In what ways does PHP's standard library fall short of Python's? I was never
comparing the two. I have always found that both could get the job done,
except PHP's uses a very weak naming convention/has none at all.

I _was_ comparing PHP's standard library features with those of Django. Here,
Django wins hands down. If you are not familiar with either, I recommend
trying reading through their tutorials and seeing which one comes out with a
more complete product in which one feels less messy.

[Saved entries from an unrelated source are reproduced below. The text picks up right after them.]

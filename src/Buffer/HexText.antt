-- ===== src/Buffer/HexText.antt =====
-- The text that `TecBuffer_as_hex` prints for bytes, its loop, and that the text can be read back.
use mathlib.Core.Path.{ap₂}
use tecc.Base.{
  ℕ, ◌+◌, ◌-◌, ◌*◌, ◌/◌, ◌%◌, ◌≤◌, ◌<◌, ◌≡◌, inl, inr, refl, Bool, true, false, ◌&&◌, List, [], ◌∷◌,
  ◌++◌, arith, ltb, ◌==◌, if◌then◌else◌, lt→ltb, Bool-cases, length,
}
use tecc.Base.Int.{pos}
use tecc.Base.Run.{ok, fault}
use tecc.Buffer.Bytes.{splice, memcpy_lem, length-splice, splice-nil, splice-splice}
use tecc.Buffer.Hex.{table, byte_at, char_value, to_hex_chars, hex_loop}

-- The upper-case digit of a number below 16.
abbrev pub digit : ℕ → ℕ
digit d = if ltb d 10 then b'0' + d else b'A' + (d - 10)

abbrev pub printable : ℕ → Bool
printable c = ltb 0x20 c && ltb c 0x7f

-- The two characters for a byte: a blank and the byte itself if it prints, and else its digits.
abbrev pub hex_high : ℕ → ℕ
hex_high c = if printable c then b' ' else digit (c / 16)

abbrev pub hex_low : ℕ → ℕ
hex_low c = if printable c then c else digit (c % 16)

unfoldable pub hex_text : List ℕ → List ℕ
hex_text [] = []
hex_text (c ∷ cs) = hex_high c ∷ hex_low c ∷ hex_text cs

table-digit : (d : ℕ) → d < 16 → byte_at table d ≡ ok (digit d)
unfolding byte_at
table-digit d h = ground arith

-- Bytes that a `char` of the platform does not show as negative.
abbrev pub AllPlain : Bool → List ℕ → Type 0
AllPlain signed [] = Unit
AllPlain signed (c ∷ cs) = (c < (if signed then 128 else 256)) × AllPlain signed cs

char_value-plain :
    (signed : Bool) (c : ℕ) → c < (if signed then 128 else 256) → char_value signed c ≡ pos c
unfolding char_value
char_value-plain true c h = rw (lt→ltb c 128 h)
char_value-plain false c h = refl

to_hex_chars_lem : (c : ℕ) → c < 256 → to_hex_chars (pos c) ≡ ok (hex_high c, hex_low c)
unfolding to_hex_chars
to_hex_chars_lem c h =
    ground (arith, table-digit (c / 16) (omega arith), table-digit (c % 16) (omega arith))

pub plain-lt : (signed : Bool) (c : ℕ) → c < (if signed then 128 else 256) → c < 256
plain-lt true c h = omega arith
plain-lt false c h = h

pub length-hex_text : (cs : List ℕ) → length (hex_text cs) ≡ 2 * length cs
unfolding hex_text
length-hex_text [] = refl
length-hex_text (c ∷ cs) = omega (arith, length-hex_text cs)

-- The loop writes the text of the bytes at its position.
pub hex_loop_lem :
    (signed : Bool) (cs block : List ℕ) (p : ℕ)
    → AllPlain signed cs
    → p + 2 * length cs ≤ length block
    → hex_loop signed cs block p ≡ ok (splice block p (hex_text cs), p + 2 * length cs)
unfolding hex_loop hex_text
hex_loop_lem signed [] block p plain room =
    let e : p + 2 * 0 ≡ p = omega arith in rw (splice-nil block p, e)
hex_loop_lem signed (c ∷ cs) block p plain room =
    let one = splice block p (hex_high c ∷ []) in
    let two = splice one (p + 1) (hex_low c ∷ []) in
    let n₁ = length-splice block p (hex_high c ∷ []) in
    let n₂ = length-splice one (p + 1) (hex_low c ∷ []) in
    let both : two ≡ splice block p (hex_high c ∷ hex_low c ∷ []) =
      splice-splice block p (p + 1) (hex_high c ∷ []) (hex_low c ∷ []) refl (omega arith) in
    let all =
      splice-splice block p (p + 2) (hex_high c ∷ hex_low c ∷ []) (hex_text cs) refl
        (omega arith) in
    let end : p + 2 + 2 * length cs ≡ p + 2 * length (c ∷ cs) = omega arith in
    rw (
      char_value-plain signed c plain.0,
      to_hex_chars_lem c (plain-lt signed c plain.0),
      memcpy_lem block p (hex_high c ∷ []) (omega arith),
      memcpy_lem one (p + 1) (hex_low c ∷ []) (omega arith),
      hex_loop_lem signed cs two (p + 2) plain.1 (omega arith),
      both,
      all,
      end,
    )

-- The loop faults at the first byte that `char` shows as negative.
pub hex_loop-fault :
    (cs ds block : List ℕ) (c p : ℕ)
    → AllPlain true cs
    → 128 ≤ c
    → c < 256
    → p + 2 * length cs ≤ length block
    → hex_loop true (cs ++ c ∷ ds) block p ≡ fault
unfolding hex_loop to_hex_chars char_value
hex_loop-fault [] ds block c p plain high byte room = ground arith
hex_loop-fault (b ∷ cs) ds block c p plain high byte room =
    let one = splice block p (hex_high b ∷ []) in
    let two = splice one (p + 1) (hex_low b ∷ []) in
    let n₁ = length-splice block p (hex_high b ∷ []) in
    let n₂ = length-splice one (p + 1) (hex_low b ∷ []) in
    rw
      (
        char_value-plain true b plain.0,
        to_hex_chars_lem b (plain-lt true b plain.0),
        memcpy_lem block p (hex_high b ∷ []) (omega arith),
        memcpy_lem one (p + 1) (hex_low b ∷ []) (omega arith),
      )
      (hex_loop-fault cs ds two c (p + 2) plain.1 high byte (omega arith))

-- The value of a digit.
abbrev pub digit_value : ℕ → ℕ
digit_value d = if ltb d b'A' then d - b'0' else d - b'A' + 10

-- Reading the text back, two characters at a time.
unfoldable pub read_hex : List ℕ → List ℕ
read_hex [] = []
read_hex (high ∷ []) = []
read_hex (high ∷ low ∷ rest) =
    (if high == b' ' then low else 16 * digit_value high + digit_value low) ∷ read_hex rest

abbrev pub AllBytes : List ℕ → Type 0
AllBytes [] = Unit
AllBytes (c ∷ cs) = (c < 256) × AllBytes cs

digit_value-digit : (d : ℕ) → d < 16 → digit_value (digit d) ≡ d
digit_value-digit d h = ground arith

digit-ne-blank : (d : ℕ) → d < 16 → (digit d == b' ') ≡ false
digit-ne-blank d h = ground arith

read_chars :
    (c : ℕ)
    → c < 256
    → (if hex_high c == b' '
        then hex_low c
        else 16 * digit_value (hex_high c) + digit_value (hex_low c))
      ≡ c
read_chars c h = elim (Bool-cases (printable c)) [
  | inl e ↦ rw e
  | inr e ↦
      rw
        (
          e,
          digit-ne-blank (c / 16) (omega arith),
          digit_value-digit (c / 16) (omega arith),
          digit_value-digit (c % 16) (omega arith),
        )
        (omega arith)
]

-- The text of bytes determines them.
pub read_hex-hex_text : (cs : List ℕ) → AllBytes cs → read_hex (hex_text cs) ≡ cs
unfolding read_hex hex_text
read_hex-hex_text [] h = refl
read_hex-hex_text (c ∷ cs) h = ap₂ ◌∷◌ (read_chars c h.0) (read_hex-hex_text cs h.1)
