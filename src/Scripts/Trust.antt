-- ===== src/Scripts/Trust.antt =====
-- The constants that the programs in scripts/ share, and the private key.
use qnty_authority_root.Prelude.{
  ℕ, ◌%◌, Bool, not, Option, none, some, Text, Bytes, codes, ◌==◌, text_eq,
}
use qnty_authority_root.Errors.{Result, ok, raise, raise_if, ◌>>=◌, ◌>>◌, runtime_error}
use qnty_authority_root.Canon.{sha256_hex}
use qnty_authority_root.Issuer.Object.{Ed25519Signer}

unfoldable pub expected_public_key_fingerprint : Text
expected_public_key_fingerprint =
    codes "baf4f9034a0ae76066a245138ce7c6891102755e3262e34a9a1140d12b45adbe"

unfoldable pub expected_trust_config_digest : Text
expected_trust_config_digest =
    codes "7da16f3c8df42db7c16eeae80136456518cf563e272f517219659b81c648b8a6"

unfoldable pub expected_root_id : Text
expected_root_id = codes "qnty-authority-root-v0"

unfoldable pub expected_repository : Text
expected_repository = codes "CipherCuttle/QntySpot"

abbrev pub anchor_path : Text
anchor_path = codes "public/authority-root-ed25519-v0.pub"

abbrev pub trust_path : Text
trust_path = codes "public/trusted-authority-root-v0.json"

-- The file at the explicit path of the private key.
pub record PrivateKeyFile : Type 0 where
  pub is_file : Bool
  pub mode : ℕ
  pub contents : Bytes

-- A private key of the cryptography package: for Ed25519, `FileEd25519Signer` around it.
pub data PrivateKey : Type 0 where
  ed25519_key : Ed25519Signer → PrivateKey
  other_key : PrivateKey

unfoldable pub file_signer : Option PrivateKey → Result Ed25519Signer
file_signer none =
    raise runtime_error "" "could not load unencrypted PKCS#8 PEM Ed25519 private key"
file_signer (some other_key) = raise runtime_error "" "private key is not Ed25519"
file_signer (some (ed25519_key signer)) = ok signer

-- `_load_private_key`, given the package's `load_pem_private_key`. `mode & 0o077` is `mode % 64`.
unfoldable pub load_private_key :
    (Bytes → Option PrivateKey) → PrivateKeyFile → Result Ed25519Signer
load_private_key load_pem key = do
  raise_if (not key.is_file) runtime_error "" "explicit private-key path is not a file"
  raise_if (not (key.mode % 64 == 0)) runtime_error ""
      "private-key file permissions must not allow group/other access"
  signer ← file_signer (load_pem key.contents)
  raise_if (not (text_eq (sha256_hex signer.public_key_bytes) expected_public_key_fingerprint))
      runtime_error "" "private key does not match provisioned AuthorityRoot fingerprint"
  ok signer
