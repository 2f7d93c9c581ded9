-- ===== src/Scripts/Inspect.antt =====
-- scripts/inspect_ink_v0f_production_state.py: the read-only inspection of a production root.
pub mod Print
pub mod Quiet
use qnty_authority_root.Prelude.{
  ℕ, ℤ, negsuc, String, Bool, true, false, not, ◌&&◌, ◌||◌, Option, none, some, List, [], ◌∷◌, ◌++◌,
  Text, Bytes, codes, pos, length, ltb, leb, ◌==◌, if◌then◌else◌, text_eq,
}
use qnty_authority_root.Errors.{
  Result, ok, err, raise, raise_if, ◌>>=◌, ◌>>◌, runtime_error, sqlite_error,
}
use qnty_authority_root.Json.Values.{Value, null, int, str, obj, Fields, end}
use qnty_authority_root.Json.Access.{entry, item}
use qnty_authority_root.Json.Equal.{value_eq}
use qnty_authority_root.Canon.{strict_json_loads, sha256_hex}
use qnty_authority_root.Contract.PolicyRef.{AuthorityPolicyRefV0}
use qnty_authority_root.Contract.Receipt.{AuthorityGrantReceiptV0, receipt_id}
use qnty_authority_root.Contract.Parse.{from_bytes, verify_receipt_signature}
use qnty_authority_root.Issuer.Ledger.{Row, Database, Metadata, order_by_serial}
use qnty_authority_root.Scripts.Files.{
  ProductionRoot, Node, LedgerFile, ledger_directory, unreadable, ledger, is_file_node,
  is_directory_node, is_some, bytes_at, state_ledgers,
}
use qnty_authority_root.Scripts.Trust.{
  expected_public_key_fingerprint, expected_trust_config_digest, expected_root_id,
  expected_repository, anchor_path, trust_path,
}

unfoldable pub ink_network_id : Text
ink_network_id = codes "evm:57073"

abbrev pub refuse_if : Bool → String → Result (Unit {0})
refuse_if test message = raise_if test runtime_error "" message

-- `ledger_info`, and the entries of `active_ink`.
pub record LedgerInfo : Type 0 where
  pub authority_epoch : ℕ
  pub root_id : Text
  pub issuance_count : ℕ
  pub minimum_authority_epoch : ℕ
  pub public_key_fingerprint : Text
  pub relative_path : Text
  pub repository_identity : Text
  pub trust_config_digest : Text
  pub trust_config_version : ℕ

pub record ActiveGrant : Type 0 where
  pub authority_epoch : ℕ
  pub not_after_epoch_s : ℕ
  pub not_before_epoch_s : ℕ
  pub receipt_id : Text
  pub relative_path : Text
  pub request_id : Text
  pub serial : ℕ

pub record Found : Type 0 where
  pub ledgers : List LedgerInfo
  pub active_ink : List ActiveGrant

-- The optional arguments that allow one active grant.
pub record Allowance : Type 0 where
  pub request_id : Option Text
  pub authority_epoch : Option ℕ
  pub relative_path : Option Text

pub record Inspection : Type 0 where
  pub active_ink_grants : List ActiveGrant
  pub compatible_ledgers : List LedgerInfo
  pub ledgers : List LedgerInfo
  pub now_epoch_s : ℤ
  pub public_key_fingerprint : Text
  pub trust_config_digest : Text
  pub trust_config_version : Value

unfoldable pub expected_trust : Value
expected_trust = obj (
    entry "minimum_authority_epoch" (int (pos 1)) (
      entry "public_key_fingerprint" (str expected_public_key_fingerprint) (
        entry "root_id" (str (codes "qnty-authority-root-v0")) (
          entry "schema" (str (codes "qntyspot.authority_root.v0.trust_config")) (
            entry "signature_algorithm" (str (codes "Ed25519"))
              (entry "trust_config_version" (int (pos 1)) end))))))

-- What is read of the two public files.
pub record PublicFiles : Type 0 where
  pub anchor : Bytes
  pub anchor_digest : Text
  pub trust_digest : Text
  pub trust : Fields

unfoldable pub object_fields : Value → Result Fields
object_fields (obj d) = ok d
object_fields _ = raise runtime_error "" "production authority trust config is not a JSON object"

-- The checks of the two public files.
unfoldable pub check_public_files : ProductionRoot → Result PublicFiles
check_public_files root = do
  refuse_if (not root.is_directory) "production root is not an existing directory"
  refuse_if
      (not (is_file_node (root.nodes anchor_path)) || not (is_file_node (root.nodes trust_path)))
      "production root is missing required public trust files"
  anchor ← bytes_at (root.nodes anchor_path)
  refuse_if (not (text_eq (sha256_hex anchor) expected_public_key_fingerprint))
      "production authority public-key fingerprint mismatch"
  trust_bytes ← bytes_at (root.nodes trust_path)
  refuse_if (not (text_eq (sha256_hex trust_bytes) expected_trust_config_digest))
      "production authority trust-config digest mismatch"
  trust ← strict_json_loads trust_bytes
  d ← object_fields trust
  refuse_if (not (value_eq (obj d) expected_trust))
      "production authority trust config content mismatch"
  ok (record {
    anchor = anchor;
    anchor_digest = sha256_hex anchor;
    trust_digest = sha256_hex trust_bytes;
    trust = d;
  })

-- `trust.get(key)`.
unfoldable pub get_or_null : Fields → String → Value
get_or_null d key = elim (item d key) [ ok v ↦ v | err e ↦ null ]

-- `policy.not_before_epoch_s <= now < policy.not_after_epoch_s`.
abbrev pub is_valid_at : ℤ → AuthorityPolicyRefV0 → Bool
is_valid_at (pos now) policy = leb policy.not_before_epoch_s now && ltb now policy.not_after_epoch_s
is_valid_at (negsuc n) policy = false

abbrev pub is_active_ink : ℤ → AuthorityPolicyRefV0 → Bool
is_active_ink now policy =
    text_eq policy.permitted_network_id ink_network_id && is_valid_at now policy

abbrev pub active_grant : Text → Row → AuthorityGrantReceiptV0 → ActiveGrant
active_grant relative row r = record {
  authority_epoch = r.authority_epoch;
  not_after_epoch_s = r.authority_policy.not_after_epoch_s;
  not_before_epoch_s = r.authority_policy.not_before_epoch_s;
  receipt_id = receipt_id r;
  relative_path = relative;
  request_id = row.request_id;
  serial = r.serial;
}

-- The receipt is not that of its row.
unfoldable pub row_mismatch : AuthorityGrantReceiptV0 → Row → Bool
row_mismatch r row =
    not (r.authority_epoch == row.authority_epoch)
    || (not (r.serial == row.serial) || not (text_eq (receipt_id r) row.receipt_id))

unfoldable pub ledger_info : Text → Metadata → List Row → LedgerInfo
ledger_info relative m rows = record {
  authority_epoch = m.authority_epoch;
  root_id = m.root_id;
  issuance_count = length rows;
  minimum_authority_epoch = m.minimum_authority_epoch;
  public_key_fingerprint = m.public_key_fingerprint;
  relative_path = relative;
  repository_identity = m.repository_identity;
  trust_config_digest = m.trust_config_digest;
  trust_config_version = m.trust_config_version;
}

unfoldable pub is_compatible : LedgerInfo → Bool
is_compatible l =
    text_eq l.root_id expected_root_id
    && (text_eq l.public_key_fingerprint expected_public_key_fingerprint
        && (text_eq l.trust_config_digest expected_trust_config_digest
            && (l.trust_config_version == 1
                && (l.minimum_authority_epoch == 1
                    && text_eq l.repository_identity expected_repository))))

unfoldable pub compatible : List LedgerInfo → List LedgerInfo
compatible [] = []
compatible (l ∷ ledgers) =
    let rest = compatible ledgers in if is_compatible l then l ∷ rest else rest

abbrev equals_text : Option Text → Text → Bool
equals_text none t = false
equals_text (some s) t = text_eq t s

abbrev equals_number : Option ℕ → ℕ → Bool
equals_number none n = false
equals_number (some m) n = n == m

-- `exact_recovery`.
unfoldable pub is_exact_recovery : Allowance → List ActiveGrant → Bool
is_exact_recovery allow [] = false
is_exact_recovery allow (g ∷ []) =
    equals_text allow.request_id g.request_id
    && (equals_text allow.relative_path g.relative_path
        && equals_number allow.authority_epoch g.authority_epoch)
is_exact_recovery allow (g ∷ (h ∷ more)) = false

abbrev pub is_empty {ℓ} : {A : Type ℓ} → List A → Bool
is_empty [] = true
is_empty (x ∷ xs) = false

module _ (ed25519_verify : Bytes → Bytes → Bytes → Bool) where
  -- The loop over the rows of a ledger: the active Ink grants among them.
  unfoldable pub inspect_rows : Bytes → ℤ → Text → List Row → Result (List ActiveGrant)
  inspect_rows anchor now relative [] = ok []
  inspect_rows anchor now relative (row ∷ rows) = do
    receipt ← from_bytes row.receipt_bytes
    verify_receipt_signature ed25519_verify receipt anchor
    refuse_if (row_mismatch receipt row) "ledger receipt row binding mismatch"
    rest ← inspect_rows anchor now relative rows
    ok (
        if is_active_ink now receipt.authority_policy
        then active_grant relative row receipt ∷ rest
        else rest)

  -- A database that SQLite reads: skipped, unless both tables and the metadata are there.
  unfoldable pub inspect_database : Bytes → ℤ → Text → Database → Result Found
  inspect_database anchor now relative db =
      if is_some db.metadata_columns && is_some db.issuance_columns
      then elim db.issuer_metadata [
        | none ↦ ok (record { ledgers = []; active_ink = [] })
        | some m ↦ (do
          active ← inspect_rows anchor now relative (order_by_serial db.issuances)
          ok (record { ledgers = ledger_info relative m db.issuances ∷ []; active_ink = active }))
      ]
      else ok (record { ledgers = []; active_ink = [] })

  unfoldable pub inspect_ledger : Bytes → ℤ → Text → LedgerFile → Result Found
  inspect_ledger anchor now relative ledger_directory =
      raise sqlite_error "" "unable to open database file"
  inspect_ledger anchor now relative unreadable = raise sqlite_error "" "file is not a database"
  inspect_ledger anchor now relative (ledger intact db) = do
    refuse_if (not intact) "ledger integrity failure"
    inspect_database anchor now relative db

  -- The loop over the ledgers.
  unfoldable pub inspect_ledgers : Bytes → ℤ → List (Text × LedgerFile) → Result Found
  inspect_ledgers anchor now [] = ok (record { ledgers = []; active_ink = [] })
  inspect_ledgers anchor now ((relative, l) ∷ more) = do
    first ← inspect_ledger anchor now relative l
    rest ← inspect_ledgers anchor now more
    ok (record {
      ledgers = first.ledgers ++ rest.ledgers;
      active_ink = first.active_ink ++ rest.active_ink;
    })

  unfoldable pub inspect_production_root : ProductionRoot → ℤ → Allowance → Result Inspection
  inspect_production_root root now allow = do
    public_files ← check_public_files root
    found ←
        inspect_ledgers public_files.anchor now (
          if is_directory_node (root.nodes (codes "state")) then state_ledgers root.ledgers else [])
    refuse_if (not (is_empty found.active_ink) && not (is_exact_recovery allow found.active_ink))
        "an active Ink V0F authority grant already exists; refusing grant preparation"
    refuse_if (is_empty (compatible found.ledgers))
        "no compatible production authority ledger was found"
    ok (record {
      active_ink_grants = found.active_ink;
      compatible_ledgers = compatible found.ledgers;
      ledgers = found.ledgers;
      now_epoch_s = now;
      public_key_fingerprint = public_files.anchor_digest;
      trust_config_digest = public_files.trust_digest;
      trust_config_version = get_or_null public_files.trust "trust_config_version";
    })
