-- ===== src/Scripts/Epoch6.antt =====
-- scripts/issue_ink_v0f_epoch6_successor_grant.py: the constants, the scope of a receipt, and the
-- validators of historical requests.
pub mod History
pub mod Bundle
pub mod Issue
pub mod Kept
pub mod Continues
pub mod Succession
pub mod Scope
pub mod Published
pub mod Reissue
pub mod Exports
pub mod Committed
use qnty_authority_root.Prelude.{
  ℕ, ◌+◌, ◌^◌, Bool, true, false, not, ◌&&◌, ◌||◌, Option, none, some, Text, String, codes, pos,
  leb, ◌==◌, if◌then◌else◌, text_eq,
}
use qnty_authority_root.Errors.{Result, ok, err, raise, raise_if, ◌>>=◌, ◌>>◌, runtime_error}
use qnty_authority_root.Contract.PolicyRef.{AuthorityPolicyRefV0, level_number}
use qnty_authority_root.Contract.Receipt.{AuthorityGrantReceiptV0}
use qnty_authority_root.Binding.{ink_v0f_qntyspot_commit, ink_v0f_qntyspot_implementation_digest}
use qnty_authority_root.Policy.Request.{AuthorityIssuanceRequestV0}
use qnty_authority_root.Issuer.Validate.{policy_eq}
use qnty_authority_root.InkGrant.{ink_v0f_request_id}
use qnty_authority_root.Scripts.Trust.{expected_root_id, expected_repository}

abbrev pub authority_epoch : ℕ
authority_epoch = 6

abbrev pub minimum_authority_epoch : ℕ
minimum_authority_epoch = 1

abbrev pub trust_config_version : ℕ
trust_config_version = 1

abbrev pub duration_s : ℕ
duration_s = 900

unfoldable pub expected_taker : Text
expected_taker = codes "0x3e604be3293d930069d0805e85379e0ca5fa01cb"

unfoldable pub expected_network : Text
expected_network = codes "evm:57073"

unfoldable pub expected_venue : Text
expected_venue = codes "inkyswap-v2-ink-mainnet"

abbrev pub expected_atomic : ℕ
expected_atomic = 1_000_000_000_000_000

unfoldable pub epoch6_relative_db : Text
epoch6_relative_db = codes "state/epoch-6/authority-root-issuance-v0-epoch-6.sqlite3"

-- `HISTORICAL_EPOCH6_SERIAL1`, without its receipt id, which nothing reads.
abbrev pub historical_serial : ℕ
historical_serial = 1

abbrev pub historical_issued_at : ℕ
historical_issued_at = 1_789_848_200

abbrev pub historical_not_after : ℕ
historical_not_after = 1_789_849_100

unfoldable pub historical_commit : Text
historical_commit = codes "95aaa869f490474968d16f51bfac5ad939a3a074"

unfoldable pub historical_implementation : Text
historical_implementation = codes "b841661bde3b438e15f8709d82feb39de72ba96802c921837eb55a521d80811f"

abbrev pub refuse_if : Bool → String → Result (Unit {0})
refuse_if test message = raise_if test runtime_error "" message

pub data ScopeKind : Type 0 where
  current : ScopeKind
  historical_serial1 : ScopeKind
  historical_expired : ScopeKind

-- The fields of a receipt that every epoch-6 grant shares.
unfoldable pub assert_frame : AuthorityGrantReceiptV0 → Result (Unit {0})
assert_frame r =
    let p = r.authority_policy in
    do
      refuse_if (not (r.authority_epoch == authority_epoch)) "receipt authority epoch mismatch"
      refuse_if (not (p.not_before_epoch_s == r.issued_at_epoch_s)) "receipt not-before mismatch"
      refuse_if (not (p.not_after_epoch_s == r.issued_at_epoch_s + duration_s))
          "receipt duration mismatch"
      refuse_if (not (text_eq p.permitted_taker_address expected_taker)) "receipt taker mismatch"
      refuse_if (not (text_eq p.permitted_network_id expected_network)) "receipt network mismatch"
      refuse_if (not (text_eq p.permitted_venue_id expected_venue)) "receipt venue mismatch"
      refuse_if
          (not (p.max_reservation_atomic == expected_atomic)
            || not (p.max_cumulative_atomic == expected_atomic))
          "receipt capital ceiling mismatch"
      refuse_if (not (level_number p.granted_level == 3)) "receipt authority level mismatch"

abbrev pub is_current : AuthorityPolicyRefV0 → Bool
is_current p =
    text_eq p.permitted_repository_commit ink_v0f_qntyspot_commit
    && text_eq p.permitted_implementation_digest ink_v0f_qntyspot_implementation_digest

abbrev pub is_historical : AuthorityGrantReceiptV0 → Bool
is_historical r =
    let p = r.authority_policy in
    r.serial == historical_serial
    && (r.issued_at_epoch_s == historical_issued_at
        && (p.not_after_epoch_s == historical_not_after
            && (text_eq p.permitted_repository_commit historical_commit
                && text_eq p.permitted_implementation_digest historical_implementation)))

abbrev pub is_expired_before : Option ℕ → AuthorityPolicyRefV0 → Bool
is_expired_before none p = false
is_expired_before (some t) p = leb p.not_after_epoch_s t

unfoldable pub scope_kind : Bool → Option ℕ → AuthorityGrantReceiptV0 → Result ScopeKind
scope_kind allow_serial1 expired_before r =
    if is_current r.authority_policy
    then ok current
    else if allow_serial1 && is_historical r
    then ok historical_serial1
    else if is_expired_before expired_before r.authority_policy
    then ok historical_expired
    else if not (text_eq r.authority_policy.permitted_repository_commit ink_v0f_qntyspot_commit)
    then raise runtime_error "" "receipt QntySpot commit mismatch"
    else raise runtime_error "" "receipt implementation digest mismatch"

-- `_assert_scope`.
unfoldable pub assert_scope : Bool → Option ℕ → AuthorityGrantReceiptV0 → Result ScopeKind
assert_scope allow_serial1 expired_before r = do
  assert_frame r
  scope_kind allow_serial1 expired_before r

-- What both validators ask of a policy.
abbrev has_expected_scope : AuthorityPolicyRefV0 → Bool
has_expected_scope p =
    text_eq p.permitted_taker_address expected_taker
    && (text_eq p.permitted_network_id expected_network
        && (text_eq p.permitted_venue_id expected_venue
            && (p.max_reservation_atomic == expected_atomic
                && (p.max_cumulative_atomic == expected_atomic
                    && level_number p.granted_level == 3))))

-- `_allow_exact_historical_epoch6_request`.
unfoldable pub allow_exact_historical :
    Text → AuthorityIssuanceRequestV0 → AuthorityGrantReceiptV0 → Bool
allow_exact_historical request_id request r =
    let p = request.authority_policy in
    text_eq request_id (codes "ink-v0f-1789848200-900")
    && (r.serial == historical_serial
        && (r.issued_at_epoch_s == historical_issued_at
            && (request.issued_at_epoch_s == historical_issued_at
                && (p.not_before_epoch_s == historical_issued_at
                    && (p.not_after_epoch_s == historical_not_after
                        && (text_eq p.permitted_repository_commit historical_commit
                            && (text_eq p.permitted_implementation_digest historical_implementation
                                && has_expected_scope p)))))))

abbrev expired_request :
    ℕ → Text → AuthorityIssuanceRequestV0 → AuthorityGrantReceiptV0 → Result Text → Bool
expired_request successor request_id request r (err e) = false
expired_request successor request_id request r (ok expected) =
    let p = request.authority_policy in
    text_eq request_id expected
    && (text_eq request.repository_identity expected_repository
        && (r.authority_epoch == authority_epoch
            && (r.issued_at_epoch_s == request.issued_at_epoch_s
                && (policy_eq r.authority_policy p
                    && (text_eq p.authority_root_id expected_root_id
                        && (p.not_before_epoch_s == request.issued_at_epoch_s
                            && (p.not_after_epoch_s == request.issued_at_epoch_s + duration_s
                                && (leb p.not_after_epoch_s successor
                                    && has_expected_scope p))))))))

-- `_allow_expired_historical_epoch6_request`.
unfoldable pub allow_expired_historical :
    ℕ → Text → AuthorityIssuanceRequestV0 → AuthorityGrantReceiptV0 → Bool
allow_expired_historical successor request_id request r =
    expired_request successor request_id request r
      (ink_v0f_request_id (pos request.issued_at_epoch_s) (pos duration_s))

Lastly, implying that PHP's standard library is not a framework because it is
not built in PHP ("A framework is an abstraction built up USING a programming
language, like PHP.") is just plain wrong. If I decided to speed up Django by
re-writing every line of its code in C and making it an extension to Python
rather than a Python module, without breaking any function signatures, would
Django cease being a web framework? What would it become then? What if instead
of C I chose Visual Basic, or Common Lisp, or F#, or even _PHP_ (assuming I
found a decent way to compile it to a binary)? A framework is collection of
code that abstracts certain functionality. See
<http://en.wikipedia.org/wiki/Software_framework> for further information.

EDIT: I am not at all talking about PHP the language vs Python. The two are
different and both have some very interesting features. PHP 5 has grown up to
be a pretty interesting general purpose dynamic language. I am specifically
talking about using PHP on the web.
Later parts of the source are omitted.